A user must have authorized AWS access keys to run workflows in your account. However, access keys provide full access to all of the resources in your account and are difficult to revoke, so they are not appropriate for all applications. Amazon SWF access control uses AWS Identity and Access Management (IAM), which allows you to provide access to AWS resources in a controlled and limited way that does not expose your access keys. For example, you can allow a user to access your account, but only to run certain workflows in a particular domain.
Bringing together the ideas discussed in the preceding sections, here is an overview of the steps to develop and run a workflow in Amazon SWF:
Write activity workers that implement the processing steps in your workflow.

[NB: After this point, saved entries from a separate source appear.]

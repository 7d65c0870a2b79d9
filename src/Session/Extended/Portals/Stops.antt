-- ===== src/Session/Extended/Portals/Stops.antt =====
-- `execute_simple_query` stops at an error.
use exa_postgres_interface.Base.{
  any, true, false, List, [], ◌∷◌, ◌++◌, append_assoc, append-nil, Option, some, ok, err, PgError,
  ◌≡◌, refl, sym, ap, ◌∙◌,
}
use exa_postgres_interface.Base.Text.{Text}
use exa_postgres_interface.Crates.{Crates}
use exa_postgres_interface.Session.{Database, Client, Responses}
use exa_postgres_interface.Session.Extended.Portals.{
  Response, Encoding, is_error, execute_sql, execute_statements,
}

module _ {k : Crates} {db : Database k} (encoding : Encoding k)
    (execute_statement : Client db → Text → Option (Client db × Responses k)) where
  -- Statements that run one after the other, from one state of the client to another, each with
  -- responses of which none is an error.
  pub data Runs
      : Client db → List Text → List (Response encoding.QueryResponse) → Client db → Type 0 where
    rest : (client : Client db) → Runs client [] [] client
    step :
        (client client' after : Client db) (statement : Text) (statements : List Text)
        (more responses : List (Response encoding.QueryResponse))
        → execute_sql encoding execute_statement client statement ≡ some (client', ok more)
        → any is_error more ≡ false
        → Runs client' statements responses after
        → Runs client (statement ∷ statements) (more ++ responses) after

  -- A query whose statements run up to one that answers with an error has the responses up to that
  -- error, and nothing behind it is run. A statement that fails loses the responses before it.
  pub execute_statements-Runs :
      (client client' after : Client db) (statements : List Text)
      (responses acc : List (Response encoding.QueryResponse)) (statement : Text)
      (following : List Text)
      → Runs client statements responses client'
      → ((more : List (Response encoding.QueryResponse))
          → execute_sql encoding execute_statement client' statement ≡ some (after, ok more)
          → any is_error more ≡ true
          → execute_statements encoding execute_statement client
              (statements ++ statement ∷ following)
              acc
            ≡ some (after, ok (acc ++ responses ++ more)))
        × ((e : PgError)
            → execute_sql encoding execute_statement client' statement ≡ some (after, err e)
            → execute_statements encoding execute_statement client
                (statements ++ statement ∷ following)
                acc
              ≡ some (after, err e))
  unfolding execute_statements
  execute_statements-Runs _ _ after _ _ acc statement following (rest client) = (
    λ more ran bad.
        rw (ran, execute_statements)
          (rw bad (ap (λ t. some (after, ok (t ++ more))) (sym (append-nil acc)))),
    λ e ran. rw (ran, execute_statements) refl,
  )
  execute_statements-Runs _ _ after _ _ acc statement following
        (step client client' end first statements more responses ran good runs) =
      let (stops, fails) =
        execute_statements-Runs client' end after statements responses (acc ++ more) statement
          following runs in
      (
        λ last r b.
            rw (ran, execute_statements)
              (rw good (
                stops last r b
                ∙ ap (λ t. some (after, ok (t ++ last))) (append_assoc acc more responses))),
        λ e r. rw (ran, execute_statements) (rw good (fails e r)),
      )
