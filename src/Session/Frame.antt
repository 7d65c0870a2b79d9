-- ===== src/Session/Frame.antt =====
-- A cursor statement leaves the cursors of other names alone.
use exa_postgres_interface.Base.{
  ℕ, Bool, true, false, Bool-cases, inl, inr, Option, none, some, Option-cases, Result-cases, ◌≡◌,
  refl, ap, ◌∙◌, subst,
}
use exa_postgres_interface.Base.Maps.{insert_other, remove_other}
use exa_postgres_interface.Base.Text.{Text, text_eq, is_some}
use exa_postgres_interface.Crates.{Crates}
use exa_postgres_interface.Policy.Plan.{CursorDeclare, CursorPosition, CursorClose, CursorPlan}
use exa_postgres_interface.Policy.Regexes.{Regexes}
use exa_postgres_interface.Policy.Classify.{classify_statement, is_cursor_unsafe_query}
use exa_postgres_interface.Cursor.{GatewayCursor, CursorStep}
use exa_postgres_interface.Cursor.Apply.{apply}
use exa_postgres_interface.Session.{
  ExasolOutcome, Database, Translator, SessionState, Client, Responses,
}
use exa_postgres_interface.Session.Cursors.{
  outcome_data, translate_client_sql, execute_client_sql, open_cursor, declare_in, step_cursor,
  fetch_cursor, move_cursor, close_cursor, on_session, declare_cursor, execute_cursor_plan,
}

-- Whether the plan is about the cursor of this name.
abbrev pub is_about : CursorPlan → Text → Bool
is_about (CursorPlan.declare declare) key = text_eq key declare.name
is_about (CursorPlan.fetch position) key = text_eq key position.name
is_about (CursorPlan.move position) key = text_eq key position.name
is_about (CursorPlan.close CursorClose.every) key = true
is_about (CursorPlan.close (CursorClose.one name)) key = text_eq key name

module _ {k : Crates} {db : Database k} where
  abbrev pub cursor_of : Option (SessionState db) → Text → Option (GatewayCursor k)
  cursor_of none key = none
  cursor_of (some s) key = s.cursors key

  -- The cursor of this name is the same in the session that a handler leaves, if it returns.
  abbrev pub IsSameAfter :
      Text → Option (SessionState db) → Option (Client db × Responses k) → Type 0
  IsSameAfter key before none = Unit
  IsSameAfter key before (some (client, _)) = cursor_of client.session key ≡ cursor_of before key

  abbrev Same : Text → SessionState db → Option (SessionState db × Responses k) → Type 0
  Same key before none = Unit
  Same key before (some (s, _)) = s.cursors key ≡ before.cursors key

  step_cursor-Same :
      (fuel : ℕ) (s : SessionState db) (position : CursorPosition) (rr : Bool)
      (response : GatewayCursor k → CursorStep k → Responses k) (key : Text)
      → text_eq key position.name ≡ false
      → Same key s (step_cursor fuel s position rr response)
  unfolding step_cursor
  step_cursor-Same fuel s position rr response key other =
      elim (Option-cases (s.cursors position.name)) [
        | inl e ↦ rw (e, step_cursor) refl
        | inr (c, e) ↦ elim (Option-cases (apply fuel c position.direction rr)) [
          | inl stuck ↦ rw (e, step_cursor) (rw stuck tt)
          | inr (answer, g) ↦ elim (Result-cases answer) [
            | inl (r, ga) ↦
                rw (e, step_cursor)
                  (rw g (rw ga (insert_other position.name key r.0 s.cursors other)))
            | inr (x, ga) ↦ rw (e, step_cursor) (rw g (rw ga refl))
          ]
        ]
      ]

  open_cursor-Same :
      (s : SessionState db) (declare : CursorDeclare) (outcome : ExasolOutcome k) (key : Text)
      → text_eq key declare.name ≡ false
      → (open_cursor s declare outcome).0.cursors key ≡ s.cursors key
  unfolding open_cursor
  open_cursor-Same s declare outcome key other = elim (Option-cases (outcome_data outcome)) [
    | inl e ↦ rw (e, open_cursor) refl
    | inr (d, e) ↦ elim (Bool-cases (is_some (s.cursors declare.name))) [
      | inl known ↦ rw (e, open_cursor) (rw known refl)
      | inr fresh ↦ rw (e, open_cursor) (rw fresh (insert_other declare.name key _ s.cursors other))
    ]
  ]

  execute_client_sql-cursors :
      (t : Translator) (s : SessionState db) (sql : Text)
      → (execute_client_sql t s sql).0.cursors ≡ s.cursors
  unfolding execute_client_sql
  execute_client_sql-cursors t s sql = elim (Result-cases (translate_client_sql t sql)) [
    | inl (translated, e) ↦ rw (e, execute_client_sql) refl
    | inr (x, e) ↦ rw (e, execute_client_sql) refl
  ]

  declare_in-Same :
      (r : Regexes) (t : Translator) (s : SessionState db) (declare : CursorDeclare) (key : Text)
      → text_eq key declare.name ≡ false
      → (declare_in r t s declare).0.cursors key ≡ s.cursors key
  unfolding declare_in
  declare_in-Same r t s declare key other = elim (Bool-cases (is_some (s.cursors declare.name))) [
    | inl known ↦ rw (known, declare_in) refl
    | inr fresh ↦
        let run = execute_client_sql t s declare.query in
        let same : run.0.cursors key ≡ s.cursors key =
          ap (λ m. m key) (execute_client_sql-cursors t s declare.query) in
        elim (Result-cases run.1) [
          | inl (outcome, e) ↦
              rw (fresh, declare_in)
                (rw e (open_cursor-Same run.0 declare outcome key other ∙ same))
          | inr (x, e) ↦ rw (fresh, declare_in) (rw e same)
        ]
  ]

  close_cursor-Same :
      (s : SessionState db) (name key : Text)
      → text_eq key name ≡ false
      → (close_cursor s (CursorClose.one name)).0.cursors key ≡ s.cursors key
  unfolding close_cursor
  close_cursor-Same s name key other = elim (Option-cases (s.cursors name)) [
    | inl e ↦ rw (e, close_cursor) refl
    | inr (c, e) ↦ rw (e, close_cursor) (remove_other name key s.cursors other)
  ]

  on_session-Same :
      (client : Client db) (f : SessionState db → Option (SessionState db × Responses k))
      (key : Text)
      → ((s : SessionState db) → Same key s (f s))
      → IsSameAfter key client.session (on_session client f)
  on_session-Same client f key same = elim (Option-cases client.session) [
    | inl e ↦ rw e refl
    | inr (s, e) ↦ elim (Option-cases (f s)) [
      | inl g ↦ rw e (rw (g, IsSameAfter, on_session) tt)
      | inr (answer, g) ↦ rw e (rw (g, IsSameAfter, on_session) (subst (Same key s) g (same s)))
    ]
  ]

-- DECLARE, FETCH, MOVE and CLOSE of one cursor, whatever their outcome, leave the cursor of every
-- other name as it was, position and rows, and make none appear.
pub execute_cursor_plan-IsSameAfter :
    {k : Crates} {db : Database k} (fuel : ℕ) (r : Regexes) (t : Translator) (client : Client db)
    (plan : CursorPlan) (key : Text)
    → is_about plan key ≡ false
    → IsSameAfter key client.session (execute_cursor_plan fuel r t client plan)
unfolding execute_cursor_plan declare_cursor fetch_cursor move_cursor
execute_cursor_plan-IsSameAfter fuel r t client (CursorPlan.declare declare) key other =
    elim (Bool-cases (is_cursor_unsafe_query (classify_statement r declare.query))) [
      | inl refused ↦ rw (refused, execute_cursor_plan, declare_cursor) refl
      | inr served ↦
          rw (served, execute_cursor_plan, declare_cursor)
            (on_session-Same client (λ s. some (declare_in r t s declare)) key
              (λ s. declare_in-Same r t s declare key other))
    ]
execute_cursor_plan-IsSameAfter fuel r t client (CursorPlan.fetch position) key other =
    on_session-Same client (λ s. fetch_cursor fuel s position) key
      (λ s. step_cursor-Same fuel s position true _ key other)
execute_cursor_plan-IsSameAfter fuel r t client (CursorPlan.move position) key other =
    on_session-Same client (λ s. move_cursor fuel s position) key
      (λ s. step_cursor-Same fuel s position false _ key other)
execute_cursor_plan-IsSameAfter fuel r t client (CursorPlan.close CursorClose.every) key other =
    absurd (cc)
execute_cursor_plan-IsSameAfter fuel r t client (CursorPlan.close (CursorClose.one name)) key
      other =
    on_session-Same client (λ s. some (close_cursor s (CursorClose.one name))) key
      (λ s. close_cursor-Same s name key other)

Write a decider to implement the coordination logic of your workflow.
Register your activities and workflow with Amazon SWF.
You can do this step programmatically or by using the AWS Management Console.
Start your activity workers and decider.
These actors can run on any computing device that can access an Amazon SWF endpoint. For example, you could use compute instances in the cloud, such as Amazon Elastic Compute Cloud (Amazon EC2); servers in your data center; or even a mobile device, to host a decider or activity worker. Once started, the decider and activity workers should start polling Amazon SWF for tasks.
Start one or more executions of your workflow.
Executions can be initiated either programmatically or via the AWS Management Console.
Each execution runs independently and you can provide each with its own set of input data. When an execution is started, Amazon SWF schedules the initial decision task. In response, your decider begins generating decisions which initiate activity tasks. Execution continues until your decider makes a decision to close the execution.
View workflow executions using the AWS Management Console.
You can filter and view complete details of running as well as completed executions. For example, you can select an open execution to see which tasks have completed and what their results were.